---------- Provided records ----------

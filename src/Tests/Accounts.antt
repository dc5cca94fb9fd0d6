-- ===== src/Tests/Accounts.antt =====
-- Accounts, sessions and the command that makes the first superuser.
use Prim.Native.String
use Prim.Native.String.{len}
use ai_it_dab_com.Prelude.{
  ℕ, ◌+◌, ◌≤◌, String, ◌≡◌, ◌≢◌, ◌↔◌, ◌⊎◌, refl, sym, ap, ◌∙◌, Bool, true, false, ◌&&◌, ◌||◌,
  Bool-cases, Option-cases, inl, inr, Option, none, some, List, [], ◌∷◌, arith, ◌==◌, eq_iff, any,
  ltb, within, if◌then◌else◌,
}
use ai_it_dab_com.Prelude.Actions.{ok, err, not_found}
use ai_it_dab_com.User.{User, UserDb, has_email, find, get_by_email, create, statement}
use ai_it_dab_com.User.Unique.{IsUnique, Step, Reach, Reach-IsUnique_emails}
use ai_it_dab_com.Auth.Password.{
  Bcrypt, matched, mismatched, hashed, password_too_short, password_too_long, hash_password,
  verify_password,
}
use ai_it_dab_com.Auth.Password.Laws.{IsBcrypt, hash_password_bounds}
use ai_it_dab_com.Token.{Jwt, AppClaims, Issuer, issue, signing_alg}
use ai_it_dab_com.Token.Laws.{IsJwt, unexpired}
use ai_it_dab_com.Admin.Guard
use ai_it_dab_com.Admin.Guard.{require_admin, require_superuser, token_from_request, with_claims}
use ai_it_dab_com.Admin.Guard.Laws.{require_superuser-cases}
use ai_it_dab_com.Admin.Login.{LoginRequest, login, session_cookie, unauthorized, with_token}
use ai_it_dab_com.Admin.Login.Laws.{login-admitted, login-unauthorized}
use ai_it_dab_com.CreateSuperuser.{create_superuser}
use ai_it_dab_com.CreateSuperuser.Laws.{create_superuser-login}
use ai_it_dab_com.Tests.Samples.{uuid, parse_uuid}

abbrev fold : String → String
fold s = s

-- A hash that shows the password.
abbrev bcrypt : Bcrypt
bcrypt = record {
  generate = λ p. some (String.◌++◌ "$" p);
  compare = λ h p. if h == String.◌++◌ "$" p then matched else mismatched;
}

bcrypt-IsBcrypt : IsBcrypt bcrypt
bcrypt-IsBcrypt p h e = ground (arith, eq_iff h (String.◌++◌ "$" p))

-- The claims of the one token that this library signs.
abbrev claims : AppClaims
claims = record { is_superuser = true; subject = "u"; issued_at = some 100; expires_at = some 150 }

abbrev is_time : ℕ → Option ℕ → Bool
is_time n none = false
is_time n (some m) = within n n m

is_time_eq : (n : ℕ) (o : Option ℕ) → is_time n o ≡ true → o ≡ some n
is_time_eq n none h = cc h
is_time_eq n (some m) h = ap some (ground arith)

abbrev is_claims : AppClaims → Bool
is_claims c =
    c.is_superuser && (c.subject == "u" && (is_time 100 c.issued_at && is_time 150 c.expires_at))

is_claims_eq : (c : AppClaims) → is_claims c ≡ true → c ≡ claims
is_claims_eq c h =
    let su : c.is_superuser ≡ true = ground arith in
    let subject : c.subject ≡ "u" = ground (arith, eq_iff c.subject "u") in
    let issued = is_time_eq 100 c.issued_at (ground arith) in
    let expires = is_time_eq 150 c.expires_at (ground arith) in cc (su, subject, issued, expires)

abbrev is_token : String → String → String → Bool
is_token alg key token = alg == "HS256" && (key == "s3cret" && token == "tok")

abbrev has_key : Option String → Bool
has_key none = false
has_key (some key) = key == "s3cret"

abbrev accepts : List String → Option String → String → Bool
accepts methods key token = any (λ m. m == "HS256") methods && (has_key key && token == "tok")

abbrev jwt : Jwt
jwt = record {
  numeric_date = λ n. n;
  signed = λ alg c key. if is_claims c && is_token alg key "tok" then some "tok" else none;
  parse_with_claims = λ keys methods now token.
      if accepts methods (keys "HS256") token && ltb now 150 then some claims else none;
}

abbrev carries : String → String → String → Option AppClaims
carries alg key token = if is_token alg key token then some claims else none

signed_inv :
    (alg key token : String) (c : AppClaims)
    → jwt.signed alg c key ≡ some token
    → (is_claims c ≡ true) × (alg ≡ "HS256") × (key ≡ "s3cret") × (token ≡ "tok")
signed_inv alg key token c h = elim (Bool-cases (is_claims c && is_token alg key "tok")) [
  | inl so ↦
      let tok : "tok" ≡ token = cc (rw so at h) in
      (
        ground arith,
        ground (arith, eq_iff alg "HS256"),
        ground (arith, eq_iff key "s3cret"),
        sym tok,
      )
  | inr not_so ↦ cc (rw not_so at h)
]

parse_own :
    (keys : String → Option String) (now : ℕ)
    → keys "HS256" ≡ some "s3cret"
    → jwt.parse_with_claims keys ("HS256" ∷ []) now "tok"
      ≡ (if ltb now 150 then some claims else none)
parse_own keys now k = elim (Bool-cases (ltb now 150)) [
  | inl live ↦ rw (k, live) refl
  | inr dead ↦ rw (k, dead) refl
]

parse_inv :
    (keys : String → Option String) (methods : List String) (now : ℕ) (token : String)
    {c : AppClaims}
    → jwt.parse_with_claims keys methods now token ≡ some c
    → (any (λ m. m == "HS256") methods ≡ true)
      × (keys "HS256" ≡ some "s3cret")
      × (token ≡ "tok")
      × (ltb now 150 ≡ true)
      × (claims ≡ c)
parse_inv keys methods now token {c} h =
    elim (Bool-cases (accepts methods (keys "HS256") token && ltb now 150)) [
      | inl so ↦ elim (Option-cases (keys "HS256")) [
        | inl keyless ↦ absurd (ground arith)
        | inr (key, keyed) ↦
            let mine : key ≡ "s3cret" = ground (arith, eq_iff key "s3cret") in
            (
              ground arith,
              keyed ∙ ap some mine,
              ground (arith, eq_iff token "tok"),
              ground arith,
              cc (rw so at h),
            )
      ]
      | inr not_so ↦ cc (rw not_so at h)
    ]

jwt-IsJwt : IsJwt jwt carries
jwt-IsJwt = record {
  reads_back = λ alg key token c keys now h k.
      (let (so, a, b, t) = signed_inv alg key token c h in
        let e = is_claims_eq c so in rw (a, t, e) (parse_own keys now (rw (a, b) at k)));
  non_empty = λ alg key token c h e.
      (let (so, a, b, t) = signed_inv alg key token c h in
        ground (arith, eq_iff "tok" "", sym t ∙ e));
  sound = λ keys methods now token c h.
      (let (any_, keyed, t, live, same) = parse_inv keys methods now token h in
        rw (← same, t) ("HS256", "s3cret", any_, keyed, refl, live));
}

abbrev admin : User
admin = record {
  id = "u";
  email = "a@b.c";
  password_hash = "$longpass";
  is_superuser = true;
  created_at = 1;
  updated_at = 1;
}

abbrev accounts : UserDb
accounts = record { users = admin ∷ []; faults = []; serial = 1; now = 9 }

abbrev empty : UserDb
empty = record { users = []; faults = []; serial = 0; now = 9 }

abbrev issuer : Issuer
issuer = record { secret = "s3cret"; ttl = 50 }

abbrev attempt : LoginRequest
attempt = record { email = "a@b.c"; password = "longpass" }

-- A handler that answers 200, and a response as its status.
abbrev ok_handler : Guard.Request → ℕ → ℕ × ℕ
ok_handler r s = (200, s + 1)

abbrev status : ℕ → String → String → ℕ
status code kind message = code

abbrev session : Guard.Request
session = record { cookie = some "tok"; authorization = ""; claims = none }

Reach-IsUnique_emails_example :
    IsUnique fold uuid parse_uuid (create fold uuid parse_uuid "a@b.c" "$x" false accounts).1.users
Reach-IsUnique_emails_example =
    Reach-IsUnique_emails fold uuid parse_uuid {s = accounts} (refl, tt)
      (Reach.next Reach.here (Step.created "a@b.c" "$x" false))

hash_password_bounds_example :
    ((h : String)
      → hash_password bcrypt "longpass" ≡ hashed h
      → (8 ≤ len "longpass")
        × (len "longpass" ≤ 72)
        × (verify_password bcrypt "longpass" h ≡ some true))
    × ((hash_password bcrypt "longpass" ≡ password_too_short) ↔ (len "longpass" ≤ 7))
    × ((hash_password bcrypt "longpass" ≡ password_too_long) ↔ (73 ≤ len "longpass"))
hash_password_bounds_example = hash_password_bounds bcrypt "longpass" bcrypt-IsBcrypt

login-admitted_example :
    (u : User) × (find (has_email fold uuid parse_uuid "a@b.c") accounts.users ≡ some u)
    × (verify_password bcrypt "longpass" u.password_hash ≡ some true)
    × (u.email ≡ "a@b.c")
    × (require_admin jwt issuer status ok_handler 120 session 0 ≡ (
        if ltb 120 150
        then ok_handler (with_claims session (record { user_id = u.id; is_superuser = true })) 0
        else (401, 0)))
unfolding login get_by_email statement verify_password issue
login-admitted_example =
    login-admitted fold uuid parse_uuid bcrypt jwt carries status issuer true 100 120 attempt
      accounts ok_handler session 0 {c = session_cookie issuer true 100 "tok"} {email = "a@b.c"}
      {su = true} jwt-IsJwt ((λ e. cc), tt) refl refl

login-unauthorized_example :
    ((login fold uuid parse_uuid bcrypt jwt issuer true 100 (some attempt) accounts).0
      ≡ unauthorized)
    ↔ (((attempt.email == "" || attempt.password == "") ≡ false)
        × (((get_by_email fold uuid parse_uuid attempt.email accounts).0 ≡ err not_found)
            ⊎ ((u : User) × ((get_by_email fold uuid parse_uuid attempt.email accounts).0 ≡ ok u)
                × (verify_password bcrypt attempt.password u.password_hash ≢ some true))))
login-unauthorized_example =
    login-unauthorized fold uuid parse_uuid bcrypt jwt issuer true 100 attempt accounts

require_superuser-cases_example :
    let answer = require_superuser jwt issuer status ok_handler 120 session 0 in
    (answer ≡ (401, 0))
    ⊎ ((a : AppClaims) × (carries signing_alg "s3cret" (token_from_request session) ≡ some a)
        × (unexpired 120 a.expires_at ≡ true)
        × (a.subject ≢ "")
        × (((a.is_superuser ≡ true)
              × (answer
                  ≡ ok_handler
                      (with_claims session (record { user_id = a.subject; is_superuser = true }))
                      0))
            ⊎ ((a.is_superuser ≡ false) × (answer ≡ (403, 0)))))
require_superuser-cases_example =
    require_superuser-cases jwt carries jwt-IsJwt status issuer ok_handler 120 session 0

-- The first superuser of an empty table.
create_superuser-login_example :
    (y : User) × (find
        (has_email fold uuid parse_uuid "a@b.c")
        (create_superuser fold uuid parse_uuid bcrypt "a@b.c" "longpass" false empty).1.users
      ≡ some y)
    × ((login fold uuid parse_uuid bcrypt jwt issuer true 100
          (some attempt)
          (create_superuser fold uuid parse_uuid bcrypt "a@b.c" "longpass" false empty).1).0
        ≡ with_token fold uuid parse_uuid bcrypt jwt issuer true 100 y
            (issue jwt issuer y.id y.is_superuser 100))
    × ((true ≡ false) ⊎ (y.is_superuser ≡ true))
unfolding create_superuser hash_password create statement
create_superuser-login_example =
    create_superuser-login fold uuid parse_uuid bcrypt jwt issuer true false 100 "a@b.c" "longpass"
      empty (create_superuser fold uuid parse_uuid bcrypt "a@b.c" "longpass" false empty).1
      {u = record {
        id = "u";
        email = "a@b.c";
        password_hash = "$longpass";
        is_superuser = true;
        created_at = 9;
        updated_at = 9;
      }}
      {created = true} bcrypt-IsBcrypt (λ e. cc) tt refl refl refl
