-- ===== src/Lib.antt =====
-- A verification library for Bialet, a web server that runs Wren scripts from a directory.
--
-- The program. src/server.c reads a request from a socket, parses it, looks for the file that
-- answers it under the root directory and writes the response; errors get the project's own page
-- or a built-in one. src/livereload.c answers the polls of a page under development and puts its
-- script into HTML bodies. src/utils.c opens files without following links, src/bialet.c resolves
-- paths, and src/json.c is the JSON parser of the scripts. For the scripts, src/markdown.c converts
-- Markdown, src/hash.c hashes passwords, and src/bialet_wren.c stores the files of a form, finds the
-- modules, runs the script and its queries; what goes wrong in it src/show_errors.c turns into a
-- page. src/cli.c reads the command line, and src/main.c forks the worker that serves, and runs the
-- migration and the cron script when their files change.
--
-- The files.
-- Prelude: Bytes, C strings, decimal numbers, searches, and lemmas on lists.
-- Server/HeaderBlock, Server/FindHeader, Server/ContentLength: header_block_len, find_header
-- and ci_ncmp, parse_content_length (src/server.c).
-- Server/Reader: the loops at the beginning of handle_client, and drain_request_body. Child
-- modules: Stream on how bytes arrive in segments, Whole on requests that arrive whole, Bounds
-- on the sizes, TooLarge on a refused body.
-- Server/Request: parse_request and struct HttpMessage.
-- Server/PrivatePath, Server/Root, Server/Locate: has_forbidden_uri_component, path_basename,
-- resolve_within_root, and the part of handle_client that picks the file.
-- Server/Response, Server/Pages, Server/Framing: struct BialetResponse and the pages of
-- src/bialet.h, get_http_status_description, get_content_type, write_response.
-- Server/CustomError, Server/Handler: custom_error and handle_client.
-- Html: HTML escaping, the reference that src/markdown.c and src/show_errors.c are compared with.
-- Markdown/Buffer, Markdown/Escape, Markdown/Url, Markdown/Inline, Markdown/Lines, Markdown/Table,
-- Markdown/Blocks: src/markdown.c. Inline text is rendered on memory, the line with its NUL and what
-- follows, so that a read behind the array shows as the result overrun.
-- LiveReload: src/livereload.c. Utils/Path, Utils/Trim: src/utils.c, and realpath_n of
-- src/bialet.c. World: what the server asks of the operating system and of the interpreter.
-- Hash/Djb2, Hash/Hex, Hash/Compare, Hash/Salt, Hash/Password: src/hash.c, in both builds. What a
-- build calls of OpenSSL is the record Crypto; Reliable says what is relied on of it.
-- HttpCall, HttpCall/Request: parse_http_response, on what the server writes, and parse_url,
-- base64_encode and build_request, on what the server reads; src/http_call.c. HttpCall/Transfer:
-- write_callback, header_callback and http_call_perform with libcurl, which is the record Curl; what
-- it hands over is a list of calls. HttpCall/Exchange: http_call_perform for Windows, and what it
-- calls; the network and OpenSSL are the record Network.
-- Run: bialet_run of src/bialet_wren.c; Script is what the interpreter does in one run. Modules:
-- bialet_wren_load_module, bialet_read_file and read_file; Remote is what the network and SQLite
-- answer, and Modules/Downloads joins it to the client of HttpCall/Transfer. Queries,
-- Queries/Execute: query_execute and the operations on a query; an answer of SQLite
-- is a record, and so is whether each allocation of its results succeeds.
-- Cli, Cli/Parse: src/cli.c; the arguments behind the one at i are a list.
-- Uploads, Uploads/Save: save_uploaded_files of src/bialet_wren.c, less the purge of old rows at its
-- end. Child modules: Parts and Scan on bodies of parts, Shrinks and Limits on any message.
-- ShowErrors: src/show_errors.c, its static variables as one record.
-- TestRunner: bialet_run_tests of src/bialet_wren.c, less what it prints, and bialet_wren_error while
-- a test is captured. The files and the interpreter are the record Machine, on a state that a test
-- leaves to the next one.
-- Process, Process/Supervisor: src/main.c, from a reported change to the runs it starts, and the
-- loop of the supervisor as a step relation with the arrival of signals.
-- Json/Utf8, Json/Text, Json/Parser: src/json.c.
-- Tests: runs of the definitions, and the theorems at concrete inputs.
--
-- The model. A text is a list of bytes as numbers; a C string is one without a NUL. A socket is
-- the list of segments that recv returns one after the other, and an empty segment is its end,
-- an error or a timeout. The file system (stat, realpath, openat), the interpreter and strtod are
-- parameters, fields of the record World or arguments. size_t has 64 bits, and its wrap-around is
-- written out, but for the size of a whole request, which the limit that main.c sets keeps in range.
-- A length of 2 ^ 31 or more in an int is no result (ShowErrors).
--
-- Bounds and fuel. The request buffer holds 32767 bytes (room_size) and a path 2048 with its NUL
-- (path_size). The loops on a buffer recur on the text. The search in header lines takes the
-- length of the block as fuel, since a line takes two bytes or more; the route search takes one
-- more than the length of the URI, since each round drops its last component; the decoding of a
-- JSON string takes one more than its length; the JSON parser takes three times the length of the
-- text and three, since a value takes three calls at most for each byte. The rendering of inline
-- text takes one more than the bytes of its memory, since a round moves by one at least. Doubling
-- the capacity of captured errors takes 64 rounds, since their length is below 2 ^ 63. The scan of
-- uploads takes one more than the length of the body, since each part is shorter than the text
-- before it. cli_parse takes the number of the arguments, since a round takes one at least. The
-- loop that reads a response takes the limit of 50 MB, since a round reads a byte at least.
--
-- Not modelled: the accept loop, timeouts, sending in parts, failing allocations but for those of the
-- results of a query and of the buffer of a response, the lock between the threads, the start-up,
-- libcurl and OpenSSL, the branches for Windows but for the one of src/http_call.c, SQLite, the Wren interpreter
-- (a copy of another project), src/messages.c, and the rest of src/main.c, src/utils.c and
-- src/bialet_wren.c.
pub mod Prelude
pub mod Process
pub mod Queries
pub mod Server
pub mod LiveReload
pub mod World
pub mod Cli
pub mod Hash
pub mod Html
pub mod HttpCall
pub mod Json
pub mod Markdown
pub mod Modules
pub mod Run
pub mod ShowErrors
pub mod TestRunner
pub mod Uploads
pub mod Utils
pub mod Tests
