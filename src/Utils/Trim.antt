-- ===== src/Utils/Trim.antt =====
-- src/utils.c: `trim`.
pub mod Trimmed
use bialet.Prelude.{ℕ, Bool, ◌&&◌, ◌||◌, [], ◌∷◌, leb, ◌==◌, if◌then◌else◌, Bytes}

-- `isspace` in the C locale.
abbrev pub is_space : ℕ → Bool
is_space c = c == b' ' || (leb 9 c && leb c 13)

-- `while(isspace(*start)) start++`.
unfoldable pub trim_start : Bytes → Bytes
trim_start [] = []
trim_start (c ∷ s) = if is_space c then trim_start s else c ∷ s

-- `while(end > start && isspace(*end)) end--`: the bytes up to the last that is no space.
pub trim_end : Bytes → Bytes
trim_end [] = []
trim_end (c ∷ s) =
    let rest = trim_end s in
    elim rest [ [] ↦ if is_space c then [] else c ∷ [] | d ∷ t ↦ c ∷ (d ∷ t) ]

-- The first byte behind the leading spaces is no space, so the `end > start` guard never stops
-- the second loop early.
unfoldable pub trim : Bytes → Bytes
unfolding trim_start trim_end
trim str = trim_end (trim_start str)
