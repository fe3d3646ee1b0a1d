-- ===== src/Prelude/Decimal.antt =====
-- `%d` and `%zu` of a number that is not negative: its decimal digits.
use mathlib.Core.List.{cons-ne-nil, [], ◌∷◌}
use native.Mathlib.Omega.{arith}
use native.Mathlib.Nat.{pow-suc}
use mathlib.Core.Path.{◌≡◌}
use mathlib.Core.Bool.{Bool, true, ◌&&◌}
use mathlib.Core.Logic.{◌≢◌}
use bialet.Prelude.Tests.{ltb, leb, if◌then◌else◌}
use bialet.Prelude.Lists.{All}
use bialet.Prelude.CString.{Bytes}
use Prim.Native.Nat.{ℕ, zero, suc, ◌+◌, ◌-◌, ◌*◌, ◌/◌, ◌%◌, ◌^◌, ◌<◌}

-- A round writes the last digit in front; 20 rounds are enough below 10 ^ 20, so for 64 bits.
unfoldable pub dec_loop : ℕ → ℕ → Bytes → Bytes
dec_loop zero n out = out
dec_loop (suc fuel) n out =
    let more = dec_loop fuel (n / 10) ((b'0' + n % 10) ∷ out) in
    if ltb n 10 then (b'0' + n) ∷ out else more

unfoldable pub decimal : ℕ → Bytes
decimal n = dec_loop 20 n []

-- The number that the digits of a text spell when they follow those of `high`, with no bound.
abbrev pub digits_value : ℕ → Bytes → ℕ
digits_value high [] = high
digits_value high (d ∷ more) = digits_value (10 * high + (d - b'0')) more

abbrev pub is_digit : ℕ → Bool
is_digit c = leb b'0' c && leb c b'9'

abbrev pub IsDigits : Bytes → Type 0
IsDigits = All (λ c. is_digit c ≡ true)

value-dec_loop :
    (fuel n : ℕ) (out : Bytes)
    → n < 10 ^ fuel
    → 0 < fuel
    → digits_value 0 (dec_loop fuel n out) ≡ digits_value n out
unfolding dec_loop
value-dec_loop zero n out h p = absurd (omega arith)
value-dec_loop (suc zero) n out h p = ground arith
value-dec_loop (suc (suc fuel)) n out h p =
    ground (arith, value-dec_loop (suc fuel) (n / 10) ((b'0' + n % 10) ∷ out) (tenth n fuel h))
  where
    tenth : (n fuel : ℕ) → n < 10 ^ suc (suc fuel) → n / 10 < 10 ^ suc fuel
    tenth n fuel h = omega (arith, pow-suc 10 (suc fuel))

IsDigits-dec_loop : (fuel n : ℕ) (out : Bytes) → IsDigits out → IsDigits (dec_loop fuel n out)
unfolding dec_loop
IsDigits-dec_loop zero n out h = h
IsDigits-dec_loop (suc fuel) n out h =
    ground (arith, IsDigits-dec_loop fuel (n / 10) ((b'0' + n % 10) ∷ out))

dec_loop-ne-nil : (fuel n : ℕ) (out : Bytes) → out ≢ [] → dec_loop fuel n out ≢ []
unfolding dec_loop
dec_loop-ne-nil zero n out h = h
dec_loop-ne-nil (suc fuel) n out h =
    ground (arith, dec_loop-ne-nil fuel (n / 10) ((b'0' + n % 10) ∷ out))

dec_loop-suc-ne-nil : (fuel n : ℕ) (out : Bytes) → dec_loop (suc fuel) n out ≢ []
unfolding dec_loop
dec_loop-suc-ne-nil fuel n out =
    ground (arith, dec_loop-ne-nil fuel (n / 10) ((b'0' + n % 10) ∷ out) (cons-ne-nil _ out))

pub value-decimal : (n : ℕ) → n < 10 ^ 20 → digits_value 0 (decimal n) ≡ n
unfolding decimal
value-decimal n h = value-dec_loop 20 n [] h (omega arith)

pub decimal-IsDigits : (n : ℕ) → IsDigits (decimal n)
unfolding decimal
decimal-IsDigits n = IsDigits-dec_loop 20 n [] tt

pub decimal-ne-nil : (n : ℕ) → decimal n ≢ []
unfolding decimal
decimal-ne-nil n = dec_loop-suc-ne-nil 19 n []
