-- ===== src/Utils/Strtol.antt =====
-- `strtol` with base 10, as src/hash.c and src/cli.c call it.
use bialet.Utils.Trim.{trim_start}
use bialet.Prelude.Decimal.{is_digit}
use bialet.Prelude.{
  [], none, some, none, some, drop, ◌-◌, ◌||◌, ◌==◌, ◌+◌, peek, ◌*◌, if◌then◌else◌, Bool, ◌∷◌,
  Option, Bytes, ℕ,
}

-- The digits that `strtol` reads, and the unread bytes. It would clamp the number to `LONG_MAX`;
-- the callers see to that.
unfoldable pub read_digits : ℕ → Bytes → ℕ × Bytes
read_digits n [] = (n, [])
read_digits n (c ∷ s) = if is_digit c then read_digits (10 * n + (c - b'0')) s else (n, c ∷ s)

-- `strtol(p, &end, 10)`: whether there was a minus sign, the digits' number and the text at `end`,
-- or `none` where `end == p`.
unfoldable pub strtol : Bytes → Option (Bool × ℕ × Bytes)
unfolding read_digits trim_start
strtol p =
    let s = trim_start p in
    let t = if peek s == b'-' || peek s == b'+' then drop 1 s else s in
    let (n, end) = read_digits 0 t in
    if is_digit (peek t) then some (peek s == b'-', n, end) else none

----------

**What is required:**
Every line from the first through the one containing "abbrev is_claims : AppClaims → Bool" in the listing above must be given again exactly, with nothing else alongside.

**Result of this task:**
filename src/Tests/Accounts.antt
repository dc5cca94fb9fd0d6
-- ===== src/Tests/Accounts.antt =====
-- Accounts, sessions and the command that makes the first superuser.
use Prim.Native.String
use Prim.Native.String.{len}
use ai_it_dab_com.Prelude.{
  ℕ, ◌+◌, ◌≤◌, String, ◌≡◌, ◌≢◌, ◌↔◌, ◌⊎◌, refl, sym, ap, ◌∙◌, Bool, true, false, ◌&&◌, ◌||◌,
  Bool-cases, Option-cases, inl, inr, Option, none, some, List, [], ◌∷◌, arith, ◌==◌, eq_iff, any,
  ltb, within, if◌then◌else◌,
}
use ai_it_dab_com.Prelude.Actions.{ok, err, not_found}
use ai_it_dab_com.User.{User, UserDb, has_email, find, get_by_email, create, statement}
use ai_it_dab_com.User.Unique.{IsUnique, Step, Reach, Reach-IsUnique_emails}
use ai_it_dab_com.Auth.Password.{
  Bcrypt, matched, mismatched, hashed, password_too_short, password_too_long, hash_password,
  verify_password,
}
use ai_it_dab_com.Auth.Password.Laws.{IsBcrypt, hash_password_bounds}
use ai_it_dab_com.Token.{Jwt, AppClaims, Issuer, issue, signing_alg}
use ai_it_dab_com.Token.Laws.{IsJwt, unexpired}
use ai_it_dab_com.Admin.Guard
use ai_it_dab_com.Admin.Guard.{require_admin, require_superuser, token_from_request, with_claims}
use ai_it_dab_com.Admin.Guard.Laws.{require_superuser-cases}
use ai_it_dab_com.Admin.Login.{LoginRequest, login, session_cookie, unauthorized, with_token}
use ai_it_dab_com.Admin.Login.Laws.{login-admitted, login-unauthorized}
use ai_it_dab_com.CreateSuperuser.{create_superuser}
use ai_it_dab_com.CreateSuperuser.Laws.{create_superuser-login}
use ai_it_dab_com.Tests.Samples.{uuid, parse_uuid}

abbrev fold : String → String
fold s = s

-- A hash that shows the password.
abbrev bcrypt : Bcrypt
bcrypt = record {
  generate = λ p. some (String.◌++◌ "$" p);
  compare = λ h p. if h == String.◌++◌ "$" p then matched else mismatched;
}

bcrypt-IsBcrypt : IsBcrypt bcrypt
bcrypt-IsBcrypt p h e = ground (arith, eq_iff h (String.◌++◌ "$" p))

-- The claims of the one token that this library signs.
abbrev claims : AppClaims
claims = record { is_superuser = true; subject = "u"; issued_at = some 100; expires_at = some 150 }

abbrev is_time : ℕ → Option ℕ → Bool
is_time n none = false
is_time n (some m) = within n n m

is_time_eq : (n : ℕ) (o : Option ℕ) → is_time n o ≡ true → o ≡ some n
is_time_eq n none h = cc h
is_time_eq n (some m) h = ap some (ground arith)

abbrev is_claims : AppClaims → Bool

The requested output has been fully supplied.